Looking forward, the coming months may carry further difficulties for CICT and others when more terminals are put into operation at Lach Huyen International Seaport and Gemalink Seaport, which is expected to come into operation in late 2020 with a total annual capacity of 8.5 million TEUs, making it one of 20 largest seaports worldwide.

In spite of the challenge, the JV seaports will likely be able to boost their throughput and revenues thanks to the enforcement of the EU-Vietnam Free Trade Agreement which took effect in August.

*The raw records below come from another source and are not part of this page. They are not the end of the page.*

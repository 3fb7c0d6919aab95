-- ===== src/Schemas.antt =====
-- Bodies and answers of src/babeltower/schemas.py: the limits that a body must keep before a handler
-- sees it, and the records of the answers. Pydantic refuses a body that does not pass (422).
pub mod Lengths
use babeltower.Prelude.{ℕ, String, Option, none, some, Bool, true, ◌&&◌, List, leb}
use babeltower.Models.{IntentStatus, AgentStatus}
use babeltower.World.{Value}
use babeltower.Intents.{IntentCreateRequest, is_valid_match_type, char_count}
use babeltower.Connections.{ConnectionCreateRequest}

-- `Field(max_length=n)`
abbrev pub max_length : ℕ → String → Bool
max_length n s = leb (char_count s) n

-- ... of a field that may be absent
abbrev pub max_length_or_none : ℕ → Option String → Bool
max_length_or_none n none = true
max_length_or_none n (some s) = max_length n s

-- `Field(ge=low, le=high)`
abbrev pub between : ℕ → ℕ → ℕ → Bool
between low high n = leb low n && leb n high

unfoldable pub accepts_intent : IntentCreateRequest → Bool
unfolding char_count
accepts_intent body =
    max_length 64 body.match_type
    && (max_length 2000 body.seeking
        && (max_length 2000 body.offering
            && (max_length 500 body.constraints && between 1 90 body.ttl_days)))

-- `filters` is a dict with any JSON values.
pub record SearchQueryIntent : Type 0 where
  pub match_type : Option String
  pub seeking : String
  pub offering : String
  pub constraints : String
  pub filters : List (String × Value)

pub record SearchRequest : Type 0 where
  pub query_intent : SearchQueryIntent
  pub max_results : ℕ

-- `pattern=r"^[a-z0-9-]{1,64}$"`
abbrev pub pattern_or_none : Option String → Bool
pattern_or_none none = true
pattern_or_none (some s) = is_valid_match_type s

unfoldable pub accepts_search : SearchRequest → Bool
unfolding char_count
accepts_search body =
    max_length_or_none 64 body.query_intent.match_type
    && (pattern_or_none body.query_intent.match_type
        && (max_length 2000 body.query_intent.seeking
            && (max_length 2000 body.query_intent.offering
                && (max_length 500 body.query_intent.constraints
                    && between 1 20 body.max_results))))

unfoldable pub accepts_connection : ConnectionCreateRequest → Bool
unfolding char_count
accepts_connection body = max_length_or_none 500 body.opening_message

-- RejectConnectionRequest and BlockRequest
unfoldable pub accepts_reason : Option String → Bool
unfolding char_count
accepts_reason reason = max_length_or_none 200 reason

pub record IntentResponse : Type 0 where
  pub intent_id : String
  pub agent_pubkey : String
  pub match_type : String
  pub seeking : String
  pub offering : String
  pub constraints : String
  pub filters : String
  pub ttl_days : ℕ
  pub created_at : ℕ
  pub expires_at : ℕ
  pub status : IntentStatus

pub record SearchCandidate : Type 0 where
  pub intent_id : String
  pub agent_pubkey : String
  pub match_type : String
  pub seeking : String
  pub offering : String
  pub constraints : String
  pub filters : String
  pub similarity : ℕ
  pub agent_status : AgentStatus

pub record InboxPendingRequest : Type 0 where
  pub request_id : String
  pub from_agent_pubkey : String
  pub from_intent : IntentResponse
  pub target_intent_id : String
  pub opening_message : Option String
  pub received_at : ℕ
  pub expires_at : ℕ

pub record InboxSession : Type 0 where
  pub session_id : String
  pub counterparty_pubkey : String
  pub accepted_at : ℕ
  pub session_expires_at : ℕ
  pub my_intent_id : String
  pub counterparty_intent_id : String

pub record InboxMatchProposal : Type 0 where
  pub session_id : String
  pub proposed_by : String
  pub proposed_at : ℕ

pub record InboxMatchedHandoff : Type 0 where
  pub session_id : String
  pub counterparty_pubkey : String
  pub matched_at : ℕ

pub record InboxRejectedRequest : Type 0 where
  pub request_id : String
  pub rejected_at : ℕ
  pub reason : Option String

pub record InboxResponse : Type 0 where
  pub pending_requests : List InboxPendingRequest
  pub accepted_sessions_awaiting_join : List InboxSession
  pub match_proposals : List InboxMatchProposal
  pub matched_handoffs : List InboxMatchedHandoff
  pub recently_rejected : List InboxRejectedRequest

pub record OwnedIntentsResponse : Type 0 where
  pub intents : List IntentResponse

pub record BlockResponse : Type 0 where
  pub target_agent_pubkey : String
  pub reason : Option String
  pub created_at : ℕ

pub record BlocksResponse : Type 0 where
  pub blocks : List BlockResponse
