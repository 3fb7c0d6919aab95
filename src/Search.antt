-- ===== src/Search.antt =====
-- src/babeltower/routes/search.py: the intents of other agents that are nearest to a query.
-- `str` is Python's, the text of a JSON value. Two parameters are PostgreSQL's: `field_text` is `->>`,
-- the text of a key in the JSON of an intent's filters, and `distance` is pgvector's `<=>` of an
-- embedding and a literal, in millionths. The query asks for a similarity, 1 less the distance, of at
-- least 0.7: a distance of at most 300,000 millionths. The similarity of an answer is in millionths.
pub mod Matching
pub mod Nearest
use babeltower.Prelude.{
  ℕ, ◌+◌, ◌-◌, String, ◌<>◌, Option, none, some, Bool, true, false, ◌&&◌, not, List, [], ◌∷◌, map,
  ◌==◌, ◌!=◌, string_eq, leb, select, length, column_is, sort_by, take, join_rows,
}
use babeltower.Models.{Db, Agent, Intent, Block, IntentStatus, intent_status_eq}
use babeltower.World.{World, Metrics, Json, Value}
use babeltower.Exec.{Exec, Result, ok, pure, query, on_metrics, ◌>>=◌, ◌>>◌}
use babeltower.Crypto.{CryptoLib}
use babeltower.Connections.{with_agent, blocks_between}
use babeltower.Embeddings.{comma_joined, iterated, embed_intent}
use babeltower.Schemas.{SearchRequest, SearchCandidate}

-- The greatest distance, 1 less SIMILARITY_THRESHOLD
abbrev pub distance_threshold : ℕ
distance_threshold = 300_000

-- `_embedding_literal`
unfoldable pub embedding_literal : Json → String
embedding_literal embedding = "[" <> comma_joined (iterated embedding) <> "]"

-- The optional clause on the match type
abbrev pub match_type_is : Option String → Intent → Bool
match_type_is none i = true
match_type_is (some m) i = i.match_type == m

-- `NOT EXISTS (SELECT 1 FROM blocks …)`
unfoldable pub no_block : String → String → Db → Bool
unfolding blocks_between
no_block a_id b_id db = leb (length (blocks_between a_id b_id db)) 0

module _ (str : Value → String) (field_text : String → String → Option String)
    (distance : String → String → ℕ) where
  -- One clause for each filter
  abbrev pub filters_match : List (String × Value) → Intent → Bool
  filters_match [] i = true
  filters_match ((key, value) ∷ rest) i =
      column_is (field_text i.filters key) (str value) && filters_match rest i

  -- WHERE
  unfoldable pub is_candidate : String → SearchRequest → String → Db → Intent × Agent → Bool
  unfolding no_block
  is_candidate agent_id body literal db (i, a) =
      i.status == IntentStatus.active
      && (match_type_is body.query_intent.match_type i
          && (i.agent_id != agent_id
              && (no_block agent_id i.agent_id db
                  && (filters_match body.query_intent.filters i
                      && leb (distance i.embedding literal) distance_threshold))))

  -- ORDER BY
  abbrev pub nearer : String → Intent × Agent → Intent × Agent → Bool
  nearer literal (i, _) (j, _) = leb (distance i.embedding literal) (distance j.embedding literal)

  abbrev pub candidate : String → Intent × Agent → SearchCandidate
  candidate literal (i, a) = record {
    intent_id = i.id;
    agent_pubkey = a.pubkey;
    match_type = i.match_type;
    seeking = i.seeking;
    offering = i.offering;
    constraints = i.constraints;
    filters = i.filters;
    similarity = 1_000_000 - distance i.embedding literal;
    agent_status = a.status;
  }

  -- The rows that the query gives
  unfoldable pub candidate_rows : String → SearchRequest → String → Db → List (Intent × Agent)
  unfolding is_candidate join_rows select sort_by take
  candidate_rows agent_id body literal db = take body.max_results (
      sort_by (nearer literal)
        (select (is_candidate agent_id body literal db) (join_rows (with_agent db) db.intents)))

  unfoldable pub search_intents : Agent → SearchRequest → Json → Exec (List SearchCandidate)
  unfolding candidate_rows embedding_literal
  search_intents agent body query_embedding = do
    let literal = embedding_literal query_embedding
    rows ← query (candidate_rows agent.id body literal)
    pure (map (candidate literal) rows)

  abbrev inc_searches : Metrics → Metrics
  inc_searches m = record m { searches_total = m.searches_total + 1 }

  -- POST /search
  unfoldable pub search :
      CryptoLib
      → (String → String → ℕ → Result (List String))
      → Agent
      → SearchRequest
      → ℕ
      → Exec (List SearchCandidate)
  unfolding embed_intent
  search lib voyage agent body now = do
    query_embedding ←
        embed_intent lib voyage body.query_intent.seeking body.query_intent.offering
          body.query_intent.constraints "query" now
    candidates ← search_intents agent body query_embedding
    on_metrics inc_searches
    pure candidates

Vietnam is the EU’s second-largest trade partner in ASEAN after Singapore, with trade in goods worth €45.5 billion ($53.9 billion) in 2019. The FTA is projected to help increase Vietnam’s GDP by 4.6 per cent and its exports to the EU by 42.7 per cent by 2025.

Additionally, the European Commission has forecast the EU’s GDP to increase by $29.5 billion by 2035, thus spurring demand for maritime transportation services.

Furthermore, the seaport segment attracts the most foreign investment in the transport sector, thus helping Vietnam’s seaports and those of VIMC to become a link in the global supply chains of global shipping lines and seaport operators.

These prospects have not gone unnoted as many investors from Japan, the US, and South Korea have expressed strong interest in acquiring state stakes in ports in the northern city of Haiphong, the central city of Danang, and Ho Chi Minh City.